KS: I started writing the book thinking it would just be a short story, a fragmented kind of story. But the first ten pages were so fun that I just kept going. I would sit down and write a couple of chapters at a time. When I say “chapters” I mean each little scene in those five sections. I had so many ideas. There turned out to be over 200 “chapters” and they were not in any order. So I would lay them out in five piles–like scenes that would happen in the couple’s first year, and scenes that would happen in their third year when they break up for a while, etc. It was like putting a puzzle together. And then I wrote some more chapters to smooth out some transitions and make it gel more. I did the same thing with my memoir–just wrote things as they came to me–and then I had to arrange it in the best order. I’ve sworn to myself that the next book I write will be written in its actual intended order!
JR: Are you working on another book now? And if so, can you say anything about it?
KS: I am. I don’t want to say too much about it. But it will be pretty different and the narrator is a baby. I’m also writing some poems and essays here and there.

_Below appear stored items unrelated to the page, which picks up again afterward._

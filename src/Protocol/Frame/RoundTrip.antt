-- ===== src/Protocol/Frame/RoundTrip.antt =====
-- `encode` and `decode_binary_frame` are inverse to each other.
use p2p_transmission.Prelude.{
  ℕ, ◌+◌, ◌≤◌, ◌<◌, ◌≡◌, refl, sym, ap, subst, ◌∙◌, List, [], ◌∷◌, ◌++◌, All, append_assoc, length,
  drop, take, length-append, length-drop, get_elem?, zero, suc, ap₂, arith, ok, some,
}
use p2p_transmission.Prelude.Words.{u64_max}
use p2p_transmission.OrdMap.Order.{text_order}
use p2p_transmission.Protocol.Limits.{max_chunk_bytes}
use p2p_transmission.Protocol.Version.{current_protocol}
use p2p_transmission.Protocol.Bytes.{
  be_bytes, from_be, IsByte, slice, length-be_bytes, from_be-be_bytes, be_bytes-from_be,
}
use p2p_transmission.Protocol.Frame.{
  BinaryChunkHeader, chunk_magic, data_frame_type, byte_at, encode, read_header,
  decode_binary_frame,
}
use p2p_transmission.Protocol.Frame.Decoded.{IsAccepted, IsDecoded, decode-IsDecoded}
use p2p_transmission.Protocol.Frame.Layout.{
  Parts, HasLengths, layout, parts, layout-parts, parts-HasLengths, parts-layout,
}

-- A header that the decoder accepts before a payload.
pub record IsHeaderOf (h : BinaryChunkHeader) (payload : List ℕ) : Type 0 where
  pub version_current : h.version ≡ current_protocol
  pub transfer_id_length : length h.transfer_id ≡ 16
  pub file_id_length : length h.file_id ≡ 16
  pub payload_length : length payload ≡ h.payload_len
  pub payload_fits : h.payload_len ≤ max_chunk_bytes
  pub end_fits : h.offset + h.payload_len ≤ u64_max

abbrev header_parts : BinaryChunkHeader → Parts
header_parts h = record {
  magic = chunk_magic;
  major = be_bytes 2 h.version.major;
  minor = be_bytes 2 h.version.minor;
  kind = data_frame_type ∷ [];
  transfer_id = h.transfer_id;
  file_id = h.file_id;
  offset = be_bytes 8 h.offset;
  payload_len = be_bytes 4 h.payload_len;
}

encode-layout :
    (h : BinaryChunkHeader) (payload : List ℕ)
    → encode h ++ payload ≡ layout (header_parts h) payload
unfolding encode
encode-layout h payload = simp append_assoc

header_parts-HasLengths :
    (h : BinaryChunkHeader) (payload : List ℕ) → IsHeaderOf h payload → HasLengths (header_parts h)
header_parts-HasLengths h payload v = record {
  magic_length = refl;
  major_length = refl;
  minor_length = refl;
  kind_length = refl;
  transfer_id_length = v.transfer_id_length;
  file_id_length = v.file_id_length;
  offset_length = length-be_bytes 8 h.offset;
  payload_len_length = length-be_bytes 4 h.payload_len;
}

be_two : (n : ℕ) → n < 65536 → from_be (be_bytes 2 n) ≡ n
be_two n h = from_be-be_bytes 2 n h

take_kind : (f : List ℕ) (n b : ℕ) → take 1 (drop n f) ≡ b ∷ [] → get_elem? f n ≡ some b
take_kind [] zero b e = absurd cc
take_kind [] (suc n) b e = absurd cc
take_kind (x ∷ f) zero b e = cc
take_kind (x ∷ f) (suc n) b e = take_kind f n b e

byte_at-kind : (f : List ℕ) (b : ℕ) → slice 8 9 f ≡ b ∷ [] → byte_at 8 f ≡ b
byte_at-kind f b e = rw (take_kind f 8 b e, byte_at)

-- The length of a frame with the header's parts.
length-layout :
    (p : Parts) (payload : List ℕ) → HasLengths p → length (layout p payload) ≡ 53 + length payload
length-layout p payload l = simp length-append (omega (arith, l))

-- Reading a frame that was laid out from a header.
layout-IsDecoded :
    (h : BinaryChunkHeader) (payload f : List ℕ)
    → IsHeaderOf h payload
    → parts f ≡ header_parts h
    → drop 53 f ≡ payload
    → length f ≡ 53 + length payload
    → IsDecoded f h payload
unfolding read_header
layout-IsDecoded h payload f v e d n = record {
  accepted = subst (IsAccepted (length f) (slice 0 4 f) (byte_at 8 f)) (sym same_header) (record {
    magic_known = ap (λ (p : Parts). p.magic) e;
    version_current = v.version_current;
    type_known = byte_at-kind f data_frame_type (ap (λ (p : Parts). p.kind) e);
    payload_fits = v.payload_fits;
    end_fits = v.end_fits;
    length_exact = omega (arith, v.payload_length);
  });
  header = same_header;
  rest = d;
}
  where
    major_read : from_be (slice 4 6 f) ≡ h.version.major
    major_read =
        ap (λ (p : Parts). from_be p.major) e
        ∙ be_two h.version.major (ground (arith, v.version_current))

    minor_read : from_be (slice 6 8 f) ≡ h.version.minor
    minor_read =
        ap (λ (p : Parts). from_be p.minor) e
        ∙ be_two h.version.minor (ground (arith, v.version_current))

    offset_read : from_be (slice 41 49 f) ≡ h.offset
    offset_read =
        ap (λ (p : Parts). from_be p.offset) e
        ∙ from_be-be_bytes 8 h.offset (omega (arith, v.end_fits))

    len_read : from_be (slice 49 53 f) ≡ h.payload_len
    len_read =
        ap (λ (p : Parts). from_be p.payload_len) e
        ∙ from_be-be_bytes 4 h.payload_len (omega (arith, v.payload_fits))

    same_header : read_header f ≡ h
    same_header = λ i. record {
      version = record { major = major_read i; minor = minor_read i };
      transfer_id = (e i).transfer_id;
      file_id = (e i).file_id;
      offset = offset_read i;
      payload_len = len_read i;
    }

-- Decoding an encoded header with its payload after it gives both back. Conditions: the version is the
-- current one, the two ids have 16 bytes, and the payload has the announced length, which is at most
-- 64 KiB and ends at most at 2^64 - 1.
pub decode-encode :
    (h : BinaryChunkHeader) (payload : List ℕ)
    → IsHeaderOf h payload
    → decode_binary_frame (encode h ++ payload) ≡ ok (h, payload)
decode-encode h payload v =
    let l = header_parts-HasLengths h payload v in
    let (e, d) = parts-layout (header_parts h) payload l in
    rw (encode-layout h payload) (
      (decode-IsDecoded _ h payload).1
        (layout-IsDecoded h payload _ v e d (length-layout (header_parts h) payload l)))

kind-byte_at : (f : List ℕ) (n : ℕ) → n < length f → take 1 (drop n f) ≡ byte_at n f ∷ []
kind-byte_at [] n h = absurd (omega arith)
kind-byte_at (x ∷ f) zero h = refl
kind-byte_at (x ∷ f) (suc n) h = kind-byte_at f n (omega arith)

All-take : (n : ℕ) (f : List ℕ) → All IsByte f → All IsByte (take n f)
All-take zero f a = tt
All-take (suc n) [] a = tt
All-take (suc n) (x ∷ f) a = (a.0, All-take n f a.1)

All-drop : (n : ℕ) (f : List ℕ) → All IsByte f → All IsByte (drop n f)
All-drop zero f a = a
All-drop (suc n) [] a = tt
All-drop (suc n) (x ∷ f) a = All-drop n f a.1

-- The parts of a frame that decodes are those of the header that it decodes to.
IsDecoded-header_parts :
    (f : List ℕ) (h : BinaryChunkHeader) (payload : List ℕ)
    → All IsByte f
    → IsDecoded f h payload
    → HasLengths (parts f)
    → header_parts (read_header f) ≡ parts f
unfolding read_header
IsDecoded-header_parts f h payload a d l = λ i. record {
  magic = sym d.accepted.magic_known i;
  major =
      be_bytes-from_be 2 (slice 4 6 f) l.major_length (All-take 2 (drop 4 f) (All-drop 4 f a)) i;
  minor =
      be_bytes-from_be 2 (slice 6 8 f) l.minor_length (All-take 2 (drop 6 f) (All-drop 6 f a)) i;
  kind = kind_read i;
  transfer_id = slice 9 25 f;
  file_id = slice 25 41 f;
  offset =
      be_bytes-from_be 8 (slice 41 49 f) l.offset_length (All-take 8 (drop 41 f) (All-drop 41 f a))
        i;
  payload_len =
      be_bytes-from_be 4 (slice 49 53 f) l.payload_len_length
        (All-take 4 (drop 49 f) (All-drop 49 f a)) i;
}
  where
    kind_read : data_frame_type ∷ [] ≡ slice 8 9 f
    kind_read =
        ap (λ (b : ℕ). b ∷ []) (sym d.accepted.type_known)
        ∙ sym (kind-byte_at f 8 (omega (arith, d.accepted.length_exact)))

IsDecoded-IsHeaderOf :
    (f : List ℕ) (h : BinaryChunkHeader) (payload : List ℕ)
    → IsDecoded f h payload
    → HasLengths (parts f)
    → IsHeaderOf (read_header f) payload
unfolding read_header
IsDecoded-IsHeaderOf f h payload d l = record {
  version_current = d.accepted.version_current;
  transfer_id_length = l.transfer_id_length;
  file_id_length = l.file_id_length;
  payload_length = omega (arith, ap length d.rest, length-drop 53 f, d.accepted.length_exact);
  payload_fits = d.accepted.payload_fits;
  end_fits = d.accepted.end_fits;
}

-- A frame of bytes that decodes is the encoded header with the payload behind it, and the header
-- is one that the decoder accepts.
pub encode-decode :
    (f : List ℕ) (h : BinaryChunkHeader) (payload : List ℕ)
    → All IsByte f
    → decode_binary_frame f ≡ ok (h, payload)
    → (encode h ++ payload ≡ f) × IsHeaderOf h payload
encode-decode f h payload a e =
    let d = (decode-IsDecoded f h payload).0 e in
    let l = parts-HasLengths f (omega (arith, d.accepted.length_exact)) in
    subst (λ (x : BinaryChunkHeader). (encode x ++ payload ≡ f) × IsHeaderOf x payload) d.header
      (
        encode-layout (read_header f) payload
            ∙ ap₂ layout (IsDecoded-header_parts f h payload a d l) (sym d.rest)
            ∙ layout-parts f,
        IsDecoded-IsHeaderOf f h payload d l,
      )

JR: You are a writer, but you are also an editor, publisher, and general amazing citizen of the writing community. I wonder if you want to plug any of the books you have coming out on Future Tense, your publishing house?
KS: Thanks! I love publishing other people’s work. There’s a new Future Tense book that came out on the same day as my book (11/12/13). It’s a collection of essays by Atlanta’s Jamie Iredell called I Was a Fat Drunk Catholic School Insomniac. As you can tell by the title, there is probably something for everyone in it. Haha. We’re going to announce our next Scout Book chapbooks soon too, and next summer we have a really amazing memoir called Excavation by Los Angeleno Wendy C. Ortiz.
JR: How important was it to set the novel in Portland?
KS: I’m not usually a big stickler about describing a setting or mentioning the names of places in my fiction, but I think I learned an appreciation for it while editing the Portland Noir anthology a couple of years ago. I had to find stories that took place in different parts of Portland and it was fun to see how a different neighborhood became like a new character and colored the various moods in those stories. I had a lot of fun using Portland in this book as the setting. I love Portland so much and I think it has a lot of amazing elements to it, good and bad and so much in between. It sort of feels to me like a classic American city and I can imagine these characters from my novel living here. Someone just told me the other day that she could picture the book happening in her neighborhood, around NE 28th, close to Lloyd Center Mall and that Pepsi plant and down the street from Holman’s. Having Portland as the backdrop felt really important and made the book feel all the more real to me.
JR: Is there any chance we might see a Portland Noir 2?
KS: I’ve been thinking about that actually. The first one was so fun and it was one of the most successful sales-wise in that Noir series (from Akashic). I had a lot of great local writers in that first one (Monica Drake, Karen Karbo, Justin Hocking, and Dan DeWeese to name a few) but there were a lot of other writers that I didn’t get to see work from, for one reason or another. I’d love to get some noir from you, Jon. Not to mention some of my other local favorites like Lidia Yuknavitch, Cheryl Strayed, Chelsea Cain, Sara Jaffe, Arthur Bradford, and maybe even some former Portlanders like Blake Nelson and Mitchell Jackson. Portland is so packed with talent the anthology nearly builds itself.
Jon Raymond is the author of the novels Rain Dragon and The Half-Life, a Publishers Weekly Best Book of 2004, and the short story collection Livability, winner of the 2009 Ken Kesey Award for Fiction. He is the writer of several films, including Wendy and Lucy and Meek’s Cutoff, and cowriter of the Emmy-nominated screenplay for the HBO miniseries Mildred Pierce. Raymond’s writing has appeared in Bookforum, Artforum, Tin House, the Village Voice, and other publications. He lives in Portland, Oregon, with his family.